# TASK DETAILS:
Pull each line with the string "well" from the entries.

** EXERCISE DATA follows **

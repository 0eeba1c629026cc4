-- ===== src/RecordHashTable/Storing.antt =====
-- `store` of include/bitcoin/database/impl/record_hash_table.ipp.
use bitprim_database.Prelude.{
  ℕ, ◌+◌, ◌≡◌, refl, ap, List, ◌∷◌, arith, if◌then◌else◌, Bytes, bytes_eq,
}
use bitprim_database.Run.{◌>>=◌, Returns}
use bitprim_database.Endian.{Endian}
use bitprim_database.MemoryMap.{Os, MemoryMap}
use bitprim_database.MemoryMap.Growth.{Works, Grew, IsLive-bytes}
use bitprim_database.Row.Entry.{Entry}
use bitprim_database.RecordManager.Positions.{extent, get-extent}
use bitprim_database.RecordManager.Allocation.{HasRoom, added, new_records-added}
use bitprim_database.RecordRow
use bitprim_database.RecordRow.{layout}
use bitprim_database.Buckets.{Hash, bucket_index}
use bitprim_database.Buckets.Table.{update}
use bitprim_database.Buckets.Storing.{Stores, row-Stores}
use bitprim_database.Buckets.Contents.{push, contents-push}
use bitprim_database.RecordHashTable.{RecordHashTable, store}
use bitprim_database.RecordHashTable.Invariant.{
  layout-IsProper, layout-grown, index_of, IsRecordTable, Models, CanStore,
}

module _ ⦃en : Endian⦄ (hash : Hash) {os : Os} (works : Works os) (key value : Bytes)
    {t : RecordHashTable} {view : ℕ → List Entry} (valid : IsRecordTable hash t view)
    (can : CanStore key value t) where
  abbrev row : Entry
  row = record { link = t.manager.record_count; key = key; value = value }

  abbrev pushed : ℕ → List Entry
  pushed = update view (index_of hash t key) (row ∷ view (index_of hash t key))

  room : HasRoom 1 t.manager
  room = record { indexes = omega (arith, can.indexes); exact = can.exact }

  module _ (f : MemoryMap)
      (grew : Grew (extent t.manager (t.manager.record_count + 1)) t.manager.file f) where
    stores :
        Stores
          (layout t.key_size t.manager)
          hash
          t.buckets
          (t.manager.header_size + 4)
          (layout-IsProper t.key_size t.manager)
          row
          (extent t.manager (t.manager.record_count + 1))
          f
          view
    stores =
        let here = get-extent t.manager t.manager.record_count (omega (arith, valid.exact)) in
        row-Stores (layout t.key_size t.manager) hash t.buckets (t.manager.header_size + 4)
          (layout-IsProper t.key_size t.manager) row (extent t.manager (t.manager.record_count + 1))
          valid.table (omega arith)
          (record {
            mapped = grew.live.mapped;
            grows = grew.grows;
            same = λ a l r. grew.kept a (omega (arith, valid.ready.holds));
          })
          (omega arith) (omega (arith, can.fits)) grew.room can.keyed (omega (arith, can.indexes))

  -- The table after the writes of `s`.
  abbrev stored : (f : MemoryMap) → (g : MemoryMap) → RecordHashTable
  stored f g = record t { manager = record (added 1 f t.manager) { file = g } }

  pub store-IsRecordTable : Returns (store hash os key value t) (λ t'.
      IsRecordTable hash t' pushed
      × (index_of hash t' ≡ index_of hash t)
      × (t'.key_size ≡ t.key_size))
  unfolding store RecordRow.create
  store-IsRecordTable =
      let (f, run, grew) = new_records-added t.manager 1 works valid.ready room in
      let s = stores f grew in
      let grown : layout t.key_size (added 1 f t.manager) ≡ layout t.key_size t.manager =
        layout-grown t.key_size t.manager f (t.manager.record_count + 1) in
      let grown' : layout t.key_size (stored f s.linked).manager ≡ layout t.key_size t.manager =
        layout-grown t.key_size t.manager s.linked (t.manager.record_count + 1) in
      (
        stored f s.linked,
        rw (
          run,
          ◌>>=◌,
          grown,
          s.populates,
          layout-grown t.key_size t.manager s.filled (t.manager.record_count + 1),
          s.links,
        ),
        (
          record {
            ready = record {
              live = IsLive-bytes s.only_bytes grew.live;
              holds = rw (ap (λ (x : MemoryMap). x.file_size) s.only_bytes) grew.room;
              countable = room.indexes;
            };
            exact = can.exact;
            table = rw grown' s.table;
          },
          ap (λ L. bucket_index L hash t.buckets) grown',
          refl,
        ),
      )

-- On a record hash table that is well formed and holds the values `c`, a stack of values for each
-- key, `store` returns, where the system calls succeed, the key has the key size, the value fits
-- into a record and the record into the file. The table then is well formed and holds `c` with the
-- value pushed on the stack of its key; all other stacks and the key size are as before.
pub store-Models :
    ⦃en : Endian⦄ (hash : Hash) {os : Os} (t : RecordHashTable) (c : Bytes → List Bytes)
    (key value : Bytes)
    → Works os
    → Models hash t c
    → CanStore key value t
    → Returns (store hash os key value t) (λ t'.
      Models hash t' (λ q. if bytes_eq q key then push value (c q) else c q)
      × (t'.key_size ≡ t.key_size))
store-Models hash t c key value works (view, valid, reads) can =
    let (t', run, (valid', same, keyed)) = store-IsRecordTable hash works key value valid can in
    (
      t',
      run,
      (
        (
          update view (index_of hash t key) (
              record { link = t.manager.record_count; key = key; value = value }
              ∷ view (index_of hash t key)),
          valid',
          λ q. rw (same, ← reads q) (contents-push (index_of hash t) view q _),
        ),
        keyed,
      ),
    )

** End of EXERCISE DATA **

# EXPECTED ANSWER:
-- On a record hash table that is well formed and holds the values `c`, a stack of values for each
-- into a record and the record into the file. The table then is well formed and holds `c` with the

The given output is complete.